→ **Supplied records**:
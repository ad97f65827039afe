-- ===== src/Order/Rebuild.antt =====
-- What an event-sourced reload of an order of exampleapp/ddd/order/domain/model.go gives back.
use ddd_qce.Common.{
  ℕ, ◌≡◌, refl, ap, sym, ◌∙◌, subst, String, Bool, true, false, Option, none, some, List, [], ◌∷◌,
  ◌++◌, arith, Bool-cases, inl, inr, ◌⊎◌, if◌then◌else◌, not, str_eq,
}
use ddd_qce.Common.Int.{pos, negsuc}
use ddd_qce.Errors.{Err, Result, ok, error, Run, returns, panics}
use ddd_qce.Aggregate.{
  AggregateRoot, Aggregate, apply_change, apply_history, load_from_history, new_aggregate_root,
  err_no_id,
}
use ddd_qce.Aggregate.Replay.{load_from_history-append}
use ddd_qce.Order.{
  Float64, OrderEvent, OrderState, OrderItem, order_placed, payment_confirmed, order_shipped,
  order_cancelled, other_event, when, type_name, apply, confirm_payment, ship, cancel, new_order,
  new_order_for_replay, blank, place, with_total, drafted, placed_event, validate, status_pending,
  status_paid, status_cancelled, status_shipped,
}
use ddd_qce.Order.Moves.{
  OrderCall, order_call, order_calls, confirm_payment_call, ship_call, cancel_call,
}

module _ {F : Type 0} (float : Float64 F) where
  -- The order without its items, and with its events committed.
  abbrev pub reloaded :
      Aggregate (OrderEvent F) (OrderState F) → Aggregate (OrderEvent F) (OrderState F)
  reloaded o = record {
    root = record o.root { uncommitted_events = [] };
    state = record o.state { items = [] };
  }

  -- What is reloaded from the uncommitted events of an order, on a new root.
  Reloads : AggregateRoot (OrderEvent F) → Aggregate (OrderEvent F) (OrderState F) → Type 0
  Reloads root o =
      load_from_history type_name when (blank float root) o.root.uncommitted_events
      ≡ (reloaded o, none)

  -- One more accepted event.
  apply_history-reloaded :
      (o : Aggregate (OrderEvent F) (OrderState F)) (e : OrderEvent F)
      → (apply o e).1 ≡ none
      → (load_from_history type_name when (reloaded o) (e ∷ []) ≡ (reloaded (apply o e).0, none))
        × ((apply o e).0.root.uncommitted_events ≡ o.root.uncommitted_events ++ e ∷ [])
  unfolding load_from_history apply_history apply apply_change when
  apply_history-reloaded o (order_placed user total names at) h = (refl, refl)
  apply_history-reloaded o (payment_confirmed at) h = (refl, refl)
  apply_history-reloaded o (order_shipped at) h = (refl, refl)
  apply_history-reloaded o (order_cancelled reason at) h = (refl, refl)
  apply_history-reloaded o (other_event name) h = absurd (ground (arith, h))

  apply-Reloads :
      (root : AggregateRoot (OrderEvent F)) (o : Aggregate (OrderEvent F) (OrderState F))
      → (e : OrderEvent F) → (apply o e).1 ≡ none
      → Reloads root o
      → Reloads root (apply o e).0
  unfolding Reloads
  apply-Reloads root o e h k =
      let (step, evs) = apply_history-reloaded o e h in
      ap (load_from_history type_name when (blank float root)) evs
      ∙ load_from_history-append type_name when (blank float root) (reloaded o)
          o.root.uncommitted_events (e ∷ []) k
      ∙ step

  IsCall :
      Aggregate (OrderEvent F) (OrderState F) → Aggregate (OrderEvent F) (OrderState F) → Type 0
  IsCall o o' = (o' ≡ o) ⊎ ((e : OrderEvent F) × ((apply o e).1 ≡ none) × (o' ≡ (apply o e).0))

  confirmed :
      (o : Aggregate (OrderEvent F) (OrderState F)) (now : ℕ)
      → (apply o (payment_confirmed now)).1 ≡ none
  unfolding apply apply_change when
  confirmed o now = refl

  shipped :
      (o : Aggregate (OrderEvent F) (OrderState F)) (now : ℕ)
      → (apply o (order_shipped now)).1 ≡ none
  unfolding apply apply_change when
  shipped o now = refl

  cancelled :
      (o : Aggregate (OrderEvent F) (OrderState F)) (r : String) (now : ℕ)
      → (apply o (order_cancelled r now)).1 ≡ none
  unfolding apply apply_change when
  cancelled o r now = refl

  guarded :
      (o : Aggregate (OrderEvent F) (OrderState F)) (b : Bool) (err : Err) (e : OrderEvent F)
      → (apply o e).1 ≡ none
      → IsCall o (if b then (o, some err) else apply o e).0
  unfolding IsCall
  guarded o true err e h = inl refl
  guarded o false err e h = inr (e, h, refl)

  guarded_twice :
      (o : Aggregate (OrderEvent F) (OrderState F)) (b c : Bool) (x y : Err) (e : OrderEvent F)
      → (apply o e).1 ≡ none
      → IsCall o (if b then (o, some x) else if c then (o, some y) else apply o e).0
  unfolding IsCall
  guarded_twice o true c x y e h = inl refl
  guarded_twice o false c x y e h = guarded o c y e h

  -- A call is an accepted event or changes nothing.
  order_call-apply :
      (o : Aggregate (OrderEvent F) (OrderState F)) (c : OrderCall) → IsCall o (order_call o c).0
  unfolding IsCall order_call confirm_payment ship cancel
  order_call-apply o (confirm_payment_call now) =
      guarded o (not (str_eq o.state.status status_pending)) _ (payment_confirmed now)
        (confirmed o now)
  order_call-apply o (ship_call now) =
      guarded o (not (str_eq o.state.status status_paid)) _ (order_shipped now) (shipped o now)
  order_call-apply o (cancel_call r now) =
      guarded_twice o (str_eq o.state.status status_cancelled)
        (str_eq o.state.status status_shipped) _ _ (order_cancelled r now) (cancelled o r now)

  order_calls-Reloads :
      (root : AggregateRoot (OrderEvent F)) (cs : List OrderCall)
      → (o : Aggregate (OrderEvent F) (OrderState F)) → Reloads root o
      → Reloads root (order_calls o cs)
  unfolding order_calls IsCall
  order_calls-Reloads root [] o k = k
  order_calls-Reloads root (c ∷ cs) o k = elim (order_call-apply o c) [
    | inl q ↦ order_calls-Reloads root cs (order_call o c).0 (subst (Reloads root) (sym q) k)
    | inr (e, h, q) ↦
        order_calls-Reloads root cs (order_call o c).0
          (subst (Reloads root) (sym q) (apply-Reloads root o e h k))
  ]

  -- An order just placed on a new root.
  place-Reloads :
      (id user : String) (items : List (OrderItem F)) (now at : ℕ)
      → let root : AggregateRoot (OrderEvent F) = record {
        id = id;
        version = pos 0;
        snapshot_version = negsuc 0;
        uncommitted_events = [];
      } in
        let d = with_total float (drafted float root user items now) in
        Reloads root (apply d (placed_event float d at)).0
  unfolding Reloads load_from_history apply_history apply apply_change when
  place-Reloads id user items now at = refl

  abbrev after_validate :
      AggregateRoot (OrderEvent F)
      → String
      → List (OrderItem F)
      → ℕ
      → ℕ
      → Option Err
      → Result (Aggregate (OrderEvent F) (OrderState F))
  after_validate root user items now at (some err) = error err
  after_validate root user items now at none =
      place float (with_total float (drafted float root user items now)) at

  -- NewOrder after its root.
  abbrev after_root :
      String
      → List (OrderItem F)
      → ℕ
      → ℕ
      → Result (AggregateRoot (OrderEvent F))
      → Result (Aggregate (OrderEvent F) (OrderState F))
  after_root user items now at (error err) = error err
  after_root user items now at (ok root) =
      after_validate root user items now at (validate (drafted float root user items now))

  new_order-after_root :
      (id user : String) (items : List (OrderItem F)) (now at : ℕ)
      → new_order float id user items now at ≡ after_root user items now at (new_aggregate_root id)
  unfolding new_order
  new_order-after_root id user items now at = refl

  placed_is :
      (root : AggregateRoot (OrderEvent F)) (user : String) (items : List (OrderItem F))
      → (now at : ℕ) (v : Option Err) (o : Aggregate (OrderEvent F) (OrderState F))
      → after_validate root user items now at v ≡ ok o
      → let d = with_total float (drafted float root user items now) in
        (apply d (placed_event float d at)).0 ≡ o
  unfolding apply apply_change when
  placed_is root user items now at (some err) o h = absurd (ground (arith, h))
  placed_is root user items now at none o h = ap (λ r. elim r [ ok x ↦ x | error e ↦ o ]) h

  new_order-Reloads :
      (id user : String) (items : List (OrderItem F)) (now at : ℕ)
      → (o : Aggregate (OrderEvent F) (OrderState F)) → new_order float id user items now at ≡ ok o
      → (root : AggregateRoot (OrderEvent F)) × (new_order_for_replay float id
          ≡ returns (blank float root))
        × Reloads root o
  unfolding new_order_for_replay new_aggregate_root
  new_order-Reloads id user items now at o h = elim (Bool-cases (str_eq id "")) [
    | inl e ↦
        let refused : new_aggregate_root id ≡ error err_no_id = ground (arith, e) in
        absurd (
          ground (
            arith,
            sym (ap (after_root user items now at) refused)
                ∙ sym (new_order-after_root id user items now at)
                ∙ h,
          ))
    | inr e ↦
        let root : AggregateRoot (OrderEvent F) = record {
          id = id;
          version = pos 0;
          snapshot_version = negsuc 0;
          uncommitted_events = [];
        } in
        let made : new_aggregate_root id ≡ ok root = ground (arith, e) in
        (
          root,
          ap
              (λ r. elim r as (λ x. Run (Aggregate (OrderEvent F) (OrderState F))) [
                | error err ↦ panics
                | ok x ↦ returns (blank float x)
              ])
              made,
          subst (Reloads root)
              (placed_is root user items now at (validate (drafted float root user items now)) o (
                sym (ap (after_root user items now at) made)
                ∙ sym (new_order-after_root id user items now at)
                ∙ h))
              (place-Reloads id user items now at),
        )
  ]

-- An order that NewOrder made, after any sequence of ConfirmPayment, Ship and Cancel, is reloaded
-- from its uncommitted events by NewOrderForReplay and LoadFromHistory without an error or a panic
-- as it was, its version included, except that its items are gone and that no event is
-- uncommitted any more.
pub order_calls-reloaded :
    {F : Type 0} (float : Float64 F) (id user : String) (items : List (OrderItem F)) (now at : ℕ)
    → (o : Aggregate (OrderEvent F) (OrderState F)) (cs : List OrderCall)
    → new_order float id user items now at ≡ ok o
    → (start : Aggregate (OrderEvent F) (OrderState F)) × (new_order_for_replay float id
        ≡ returns start)
      × (load_from_history type_name when start (order_calls o cs).root.uncommitted_events
          ≡ (reloaded float (order_calls o cs), none))
unfolding Reloads
order_calls-reloaded float id user items now at o cs h =
    let (root, start, k) = new_order-Reloads float id user items now at o h in
    (blank float root, start, order_calls-Reloads float root cs o k)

→ **What the task requires**:
Transcribe the records above exactly, from the opening line down to and including the line with "-- The order".

→ **Reply to the task**:
repository ad97f65827039afe
-- ===== src/Order/Rebuild.antt =====
-- What an event-sourced reload of an order of exampleapp/ddd/order/domain/model.go gives back.
use ddd_qce.Common.{
  ℕ, ◌≡◌, refl, ap, sym, ◌∙◌, subst, String, Bool, true, false, Option, none, some, List, [], ◌∷◌,
  ◌++◌, arith, Bool-cases, inl, inr, ◌⊎◌, if◌then◌else◌, not, str_eq,
}
use ddd_qce.Common.Int.{pos, negsuc}
use ddd_qce.Errors.{Err, Result, ok, error, Run, returns, panics}
use ddd_qce.Aggregate.{
  AggregateRoot, Aggregate, apply_change, apply_history, load_from_history, new_aggregate_root,
  err_no_id,
}
use ddd_qce.Aggregate.Replay.{load_from_history-append}
use ddd_qce.Order.{
  Float64, OrderEvent, OrderState, OrderItem, order_placed, payment_confirmed, order_shipped,
  order_cancelled, other_event, when, type_name, apply, confirm_payment, ship, cancel, new_order,
  new_order_for_replay, blank, place, with_total, drafted, placed_event, validate, status_pending,
  status_paid, status_cancelled, status_shipped,
}
use ddd_qce.Order.Moves.{
  OrderCall, order_call, order_calls, confirm_payment_call, ship_call, cancel_call,
}

module _ {F : Type 0} (float : Float64 F) where
  -- The order without its items, and with its events committed.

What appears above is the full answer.